President Reagan ran into opposition from some Senate Republicans yesterday in his attempt to put off action on tax increases and big cuts in basic benefit or entitlement programs until next year.

Sources said some senators were also angry at what they perceived as an attempt by Reagan to blame Congress for delays and excesses in passing money bills that conflict with his budget targets. "If the honeymoon wasn't over before, it's over now," said one well-placed Republican source.

Within minutes after Reagan sanctioned the delay on tax increases and entitlement cuts during a televised press conference, Senate Majority Leader Howard H. Baker Jr. (R-Tenn.) attempted to close Senate GOP ranks behind the decision by issuing a statement hailing it, even though it conflicted with a Senate Republican plan advanced just a day before during a meeting with top White House aides.

"While a different result might have been desirable earlier in the year, I think this was the best and most practical result at this time," said Baker, contending it would be a "mistake for the president to foreclose any of his options" now before he prepares his January budget message.

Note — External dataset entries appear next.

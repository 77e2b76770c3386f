-- ===== src/Retrieval/Types.antt =====
-- The types of src/evoeventmem/retrieval.py that the packing uses.
use evoeventmem.Prelude.{
  Eq, ℕ, ◌≡◌, refl, sym, ap, ◌∙◌, String, Bool, true, false, Option, List, [], ◌∷◌, ◌==◌, ==_iff,
  nat_eq, if◌then◌else◌,
}
use evoeventmem.Domain.Models.{MemoryRecord, MemoryStatus, EvidenceRef}
use evoeventmem.Etec.Types.{QueryIntent}

pub data CandidateSource : Type 0 where
  dense temporal graph episodic procedural : CandidateSource

abbrev number : CandidateSource → ℕ
number dense = 0
number temporal = 1
number graph = 2
number episodic = 3
number procedural = 4

abbrev numbered : ℕ → CandidateSource
numbered n =
    if n == 0
    then dense
    else if n == 1
    then temporal
    else if n == 2
    then graph
    else if n == 3
    then episodic
    else procedural

numbered-number : (s : CandidateSource) → numbered (number s) ≡ s
numbered-number dense = refl
numbered-number temporal = refl
numbered-number graph = refl
numbered-number episodic = refl
numbered-number procedural = refl

pub source_number-injective : (a b : CandidateSource) → number a ≡ number b → a ≡ b
source_number-injective a b h = sym (numbered-number a) ∙ ap numbered h ∙ numbered-number b

instance abbrev pub source_eq : Eq CandidateSource
source_eq = record {
  same = λ a b. number a == number b;
  same_iff = λ a b. (
    λ h. source_number-injective a b ((==_iff (number a) (number b)).0 h),
    λ h. (==_iff (number a) (number b)).1 (ap number h),
  );
}

-- `source.value`
abbrev pub source_value : CandidateSource → String
source_value dense = "dense"
source_value temporal = "temporal"
source_value graph = "graph"
source_value episodic = "episodic"
source_value procedural = "procedural"

pub data EvidencePolicy : Type 0 where
  constrained provenance_only : EvidencePolicy

pub record SourceScore : Type 0 where
  pub source : CandidateSource
  pub normalized_score : ℕ
  pub weighted_score : ℕ
  pub raw_score : ℕ
  pub rank : Option ℕ
  pub weight : ℕ
  pub fusion_contribution : ℕ
  pub reason : String

pub record ScoredMemory : Type 0 where
  pub memory : MemoryRecord
  pub source_scores : List SourceScore
  pub final_score : ℕ
  pub historical : Bool
  pub token_count : ℕ
  pub evidence_refs : List EvidenceRef

-- `TemporalOperator` of src/evoeventmem/router.py
pub data TemporalOperator : Type 0 where
  no_operator at before after between earliest latest sequence duration : TemporalOperator

-- `TemporalConstraint` of src/evoeventmem/router.py, without the explanation of its parse
pub record TemporalConstraint : Type 0 where
  pub operator : TemporalOperator
  pub lower_bound_utc : Option ℕ
  pub upper_bound_utc : Option ℕ

-- What retrieval reads of a `QueryRoutingDecision`.
pub record QueryRoutingDecision : Type 0 where
  pub query : String
  pub intent : QueryIntent
  pub temporal_constraint : TemporalConstraint

pub data ExclusionReason : Type 0 where
  inactive_status_excluded superseded_memory_not_current_fact missing_evidence_refs zero_final_score
        not_selected_by_packing budget_exceeded candidate_cap_reached no_memory_intent
        temporal_interval_excluded :
      ExclusionReason

-- `details`, with what each reason gives
pub data ExclusionDetails : Type 0 where
  no_details : ExclusionDetails
  of_status : MemoryStatus → ExclusionDetails
  of_superseded_by : Option ℕ → ExclusionDetails
  of_final_score : ℕ → ExclusionDetails
  of_packing : ℕ → ℕ → ExclusionDetails
  of_cap : ℕ → ExclusionDetails
  of_intent : QueryIntent → ExclusionDetails
  of_interval : TemporalConstraint → ExclusionDetails

pub record ExclusionRecord : Type 0 where
  pub memory_id : ℕ
  pub reason : ExclusionReason
  pub details : ExclusionDetails

pub record Candidate : Type 0 where
  pub memory : MemoryRecord
  pub source : CandidateSource
  pub raw_score : ℕ
  pub normalized_score : ℕ
  pub reason : String

pub data RetrievalStrategy : Type 0 where
  fixed_vector fixed_hybrid qemr qemr_no_temporal qemr_no_graph qemr_uniform : RetrievalStrategy

-- `ALL_SOURCES`
abbrev pub all_sources : List CandidateSource
all_sources = dense ∷ temporal ∷ graph ∷ episodic ∷ procedural ∷ []

-- `intent in HISTORICAL_INTENTS`
abbrev pub is_historical : QueryIntent → Bool
is_historical QueryIntent.temporal = true
is_historical QueryIntent.episodic = true
is_historical _ = false
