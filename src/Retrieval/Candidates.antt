-- ===== src/Retrieval/Candidates.antt =====
-- The candidates of the sources of src/evoeventmem/retrieval.py: the cap, the normalisation and the ranks.
use evoeventmem.Prelude.{
  ℕ, ◌+◌, Bool, Option, none, some, List, [], ◌∷◌, ◌++◌, map, ltb, not, ◌&&◌, ◌||◌, ◌==◌, nat_eq,
  max, select, take, drop, if◌then◌else◌,
}
use evoeventmem.Prelude.Dict
use evoeventmem.Prelude.Dict.{Dict}
use evoeventmem.Prelude.Sort.{sort}
use evoeventmem.Float
use evoeventmem.Platform.{Platform}
use evoeventmem.Domain.Order.{memory_order_key, tuple_lt}
use evoeventmem.Retrieval.Types.{CandidateSource, source_eq, all_sources, Candidate}

abbrev pub is_from : CandidateSource → Candidate → Bool
is_from source candidate = candidate.source == source

-- The largest raw score of a source, at least 0.0.
unfoldable pub source_max : CandidateSource → List Candidate → ℕ
source_max source [] = 0
source_max source (candidate ∷ candidates) =
    let rest = source_max source candidates in
    if candidate.source == source then max candidate.raw_score rest else rest

abbrev pub normalized : List Candidate → Candidate → Candidate
normalized candidates candidate =
    let largest = source_max candidate.source candidates in
    record candidate {
      normalized_score = if ltb 0 largest then Float.div candidate.raw_score largest else 0;
    }

-- `_normalize`
unfoldable pub normalize : List Candidate → List Candidate
normalize candidates = map (normalized candidates) candidates

-- A dict of the 1-based positions; a later position of the same memory replaces the earlier one.
unfoldable pub positions : ℕ → List Candidate → Dict ℕ ℕ → Dict ℕ ℕ
positions position [] ranks = ranks
positions position (candidate ∷ candidates) ranks =
    positions (position + 1) candidates (Dict.put ranks candidate.memory.memory_id position)

module _ (p : Platform) where
  -- The order of the keys `(-candidate.raw_score, *memory_order_key(candidate.memory))`.
  abbrev pub raw_lt : Candidate → Candidate → Bool
  raw_lt a b =
      ltb b.raw_score a.raw_score
      || a.raw_score == b.raw_score
        && tuple_lt (memory_order_key p.casefold a.memory) (memory_order_key p.casefold b.memory)

  abbrev pub of_source : CandidateSource → List Candidate → List Candidate
  of_source source candidates = sort raw_lt (select (is_from source) candidates)

  -- The loop of `_cap_candidates`: what is kept, and the ids that are dropped.
  unfoldable pub cap_sources : ℕ → List Candidate → List CandidateSource → List Candidate × List ℕ
  cap_sources limit candidates [] = ([], [])
  cap_sources limit candidates (source ∷ sources) =
      let (kept, dropped) = cap_sources limit candidates sources in
      let best = of_source source candidates in
      (
        take limit best ++ kept,
        map (λ (c : Candidate). c.memory.memory_id) (drop limit best) ++ dropped,
      )

  -- `_cap_candidates`, with `max_candidates_per_source`
  unfoldable pub cap_candidates : Option ℕ → List Candidate → List Candidate × List ℕ
  cap_candidates none candidates = (candidates, [])
  cap_candidates (some limit) candidates = cap_sources limit candidates all_sources

  -- `_source_ranks`, for one source
  unfoldable pub source_ranks : CandidateSource → List Candidate → Dict ℕ ℕ
  source_ranks source candidates =
      positions 1 (sort raw_lt (select (λ c. is_from source c && ltb 0 c.raw_score) candidates)) []

  -- `_better_candidate`
  unfoldable pub better_candidate : Candidate → Candidate → Bool
  better_candidate candidate existing =
      if not (candidate.normalized_score == existing.normalized_score)
      then ltb existing.normalized_score candidate.normalized_score
      else if not (candidate.raw_score == existing.raw_score)
      then ltb existing.raw_score candidate.raw_score
      else tuple_lt (memory_order_key p.casefold candidate.memory)
          (memory_order_key p.casefold existing.memory)
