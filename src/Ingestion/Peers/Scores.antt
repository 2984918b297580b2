-- ===== src/Ingestion/Peers/Scores.antt =====
-- The score of a peer of crates/ingestion/src/peer_manager.rs, an f64. A float that occurs is a
-- natural number of units of 2 ^ -128: a score is at least 2 ^ -33 or zero, and a float of that size
-- with 53 significant bits is a multiple of the unit. Every operation rounds as IEEE 754 does, to
-- the nearest float with 53 bits, a tie to the even one.
use qonduit.Common.{
  ℕ, zero, suc, ◌+◌, ◌*◌, ◌/◌, ◌%◌, ◌^◌, min, ◌&&◌, ◌||◌, ◌==◌, ltb, if◌then◌else◌,
}
use qonduit.Ingestion.Peers.{Peer}

abbrev pub one : ℕ
one = 2 ^ 128

-- The natural number nearest to p / q, the even one of two.
unfoldable pub half_even : ℕ → ℕ → ℕ
half_even p q =
    let k = p / q in
    let r = p % q in if ltb q (2 * r) || (2 * r == q && k % 2 == 1) then k + 1 else k

-- The least exponent from e on at which n has at most 53 bits.
unfoldable pub exponent : ℕ → ℕ → ℕ → ℕ
exponent zero e n = e
exponent (suc f) e n = let more = exponent f (e + 1) n in if ltb n (2 ^ (53 + e)) then e else more

-- The float nearest to p / q units; the values that occur are below 2 ^ 34.
unfoldable pub round : ℕ → ℕ → ℕ
round p q = let e = exponent 128 0 (p / q) in half_even p (q * 2 ^ e) * 2 ^ e

-- `n as f64`
unfoldable pub of_u32 : ℕ → ℕ
of_u32 n = n * one

-- The literal n / 10.
unfoldable pub tenths : ℕ → ℕ
tenths n = round (n * one) 10

unfoldable pub add : ℕ → ℕ → ℕ
add a b = round (a + b) 1

unfoldable pub mul : ℕ → ℕ → ℕ
mul a b = round (a * b) one

unfoldable pub div : ℕ → ℕ → ℕ
div a b = round (a * one) b

-- The score of a peer that has broadcast.
unfoldable pub broadcast_score : ℕ → ℕ
broadcast_score broadcast_count =
    let broadcast_bonus =
      mul (div (min (of_u32 broadcast_count) (of_u32 10)) (of_u32 10)) (tenths 3) in
    add (tenths 7) broadcast_bonus

-- The score of any other; `total` wraps.
unfoldable pub ratio_score : ℕ → ℕ → ℕ
ratio_score success_count total =
    if total == 0 then tenths 3 else mul (div (of_u32 success_count) (of_u32 total)) (tenths 5)

unfoldable pub score : Peer → ℕ
score p =
    if ltb 0 p.broadcast_count
    then broadcast_score p.broadcast_count
    else ratio_score p.success_count ((p.success_count + p.failure_count) % 2 ^ 32)
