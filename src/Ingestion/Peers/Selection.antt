-- ===== src/Ingestion/Peers/Selection.antt =====
-- The selection of a peer of crates/ingestion/src/peer_manager.rs. The clock, in nanoseconds, and
-- the random numbers are arguments.
use qonduit.Common.{
  ℕ, ◌-◌, ◌/◌, ◌%◌, ◌^◌, min, List, [], ◌∷◌, Bool, ◌&&◌, ◌||◌, ◌==◌, leb, ltb, length, get_elem?,
  Option, none, some, if◌then◌else◌,
}
use qonduit.Ingestion.Peers.{SocketAddr, Peer}
use qonduit.Ingestion.Peers.Scores.{score, tenths}

abbrev pub bob_port : ℕ
bob_port = 21842

-- `last_seen.map(|t| now.duration_since(t).as_secs()).unwrap_or(u64::MAX)`
unfoldable pub seen : ℕ → Option ℕ → ℕ
seen now none = 2 ^ 64 - 1
seen now (some t) = (now - t) / 10 ^ 9

-- The comparison that sorts is `Less`: a higher score, or an equal one and seen longer ago.
unfoldable pub before : ℕ → Peer → Peer → Bool
before now a b =
    ltb (score b) (score a)
    || (score a == score b && ltb (seen now b.last_seen) (seen now a.last_seen))

-- `sort_by` with that comparison, a stable sort.
unfoldable pub insert : ℕ → Peer → List Peer → List Peer
insert now p [] = p ∷ []
insert now p (q ∷ qs) =
    let further = insert now p qs in if before now q p then q ∷ further else p ∷ q ∷ qs

unfoldable pub sort_peers : ℕ → List Peer → List Peer
sort_peers now [] = []
sort_peers now (p ∷ ps) = insert now p (sort_peers now ps)

unfoldable pub filter_peers : (Peer → Bool) → List Peer → List Peer
filter_peers f [] = []
filter_peers f (p ∷ ps) = let rest = filter_peers f ps in if f p then p ∷ rest else rest

-- `score() >= 0.2`
unfoldable pub qualifies : Peer → Bool
qualifies p = leb (tenths 2) (score p)

abbrev pub addr_of : Option Peer → Option SocketAddr
addr_of none = none
addr_of (some p) = some p.addr

-- One of the first three of the sorted candidates, which are not empty.
unfoldable pub pick : ℕ → ℕ → List Peer → Option SocketAddr
pick now random candidates =
    addr_of (get_elem? (sort_peers now candidates) (random % min (length candidates) 3))

-- All peers where none qualifies.
unfoldable pub candidates_or : List Peer → List Peer → List Peer
candidates_or peers [] = peers
candidates_or peers (p ∷ ps) = p ∷ ps

unfoldable pub pick_some : ℕ → ℕ → List Peer → Option SocketAddr
pick_some now random [] = none
pick_some now random (p ∷ ps) = pick now random (p ∷ ps)

unfoldable pub best_peer : ℕ → ℕ → List Peer → Option SocketAddr
best_peer now random peers =
    pick_some now random (candidates_or peers (filter_peers qualifies peers))

unfoldable pub is_bob : Peer → Bool
is_bob p = p.addr.port == bob_port && qualifies p

unfoldable pub pick_bob : ℕ → ℕ → List Peer → List Peer → Option SocketAddr
pick_bob now random peers [] = best_peer now random peers
pick_bob now random peers (p ∷ ps) = pick now random (p ∷ ps)

unfoldable pub best_bob_peer : ℕ → ℕ → List Peer → Option SocketAddr
best_bob_peer now random peers = pick_bob now random peers (filter_peers is_bob peers)

-- `choose`: an element of the list at a random index.
unfoldable pub random_peer : ℕ → List Peer → Option SocketAddr
random_peer random peers = addr_of (get_elem? peers (random % length peers))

But a couple of hours later Republicans on the Senate Budget Committee failed to unite behind a strategy outlined earlier by Committee Chairman Pete V. Domenici (R-N.M.) to pass a "pro-forma" budget resolution for 1982 that would in effect put off the hard decisions until next year, as Reagan apparently wants.

"There's far from any agreement that we should go ahead with a pro-forma resolution, or a wait-until-next-year kind of budget resolution," said Domenici after the session.

Domenici had led the fight to begin moving this year toward tax increases and entitlement cuts but, shortly after Reagan's press conference, indicated that he, like Baker, was willing to go along with delay. "I'm disappointed but I also don't think we could do it if the president isn't comfortable with it," said Domenici.

It was thus unclear last night whether Domenici and other Republicans on the committee would part company with Reagan and push ahead for action this year on tax and entitlements. Domenici declined to speculate but said more meetings are likely before any decisions are made.

Meanwhile, Reagan's renewed threat during the press conference to veto money bills that exceed his budget targets focuses attention on the stop-gap "continuing resolution" that Congress must pass by Nov. 20 to keep the government running, and initial signals from Congress on that score were not encouraging to the White House.

A resolution prepared for consideration by the House Appropriations Committee tomorrow calls for spending levels well above targets set by Reagan in his September budget proposals, making it a target for a possible presidential veto.

Asked whether Reagan might veto a continuing resolution that exceeds his target, Baker told reporters that such an option was discussed by White House aides in their meeting with Republican senators Monday. But he added, "I think we'll have a bill he'd Reagan can sign." Others indicated less optimism, saying a showdown over the resolution now appears likely.

The entire government is operating under a continuing resolution now because there has been no final action on any appropriations bills for the executive branch. The current resolution expires Nov. 20, necessitating renewal by then to keep money flowing into government departments and agencies.

Failure to meet the deadline with a bill acceptable to Reagan would, theoretically at least, mean a shut down of the entire government, except for national security and other vital activities.

Under the House draft, the next resolution would last until the end of the fiscal year on Sept. 30, 1982. Lower spending levels would take effect only as appropriations bills are passed. But all of them so far also exceed Reagan's latest spending targets, even those passed by the Republican-controlled Senate.

The Senate Republican plan, which Reagan implicitly rejected yesterday, called for $163 billion in tax increases as well as spending cuts over the next three years, starting with action this year to put them in place.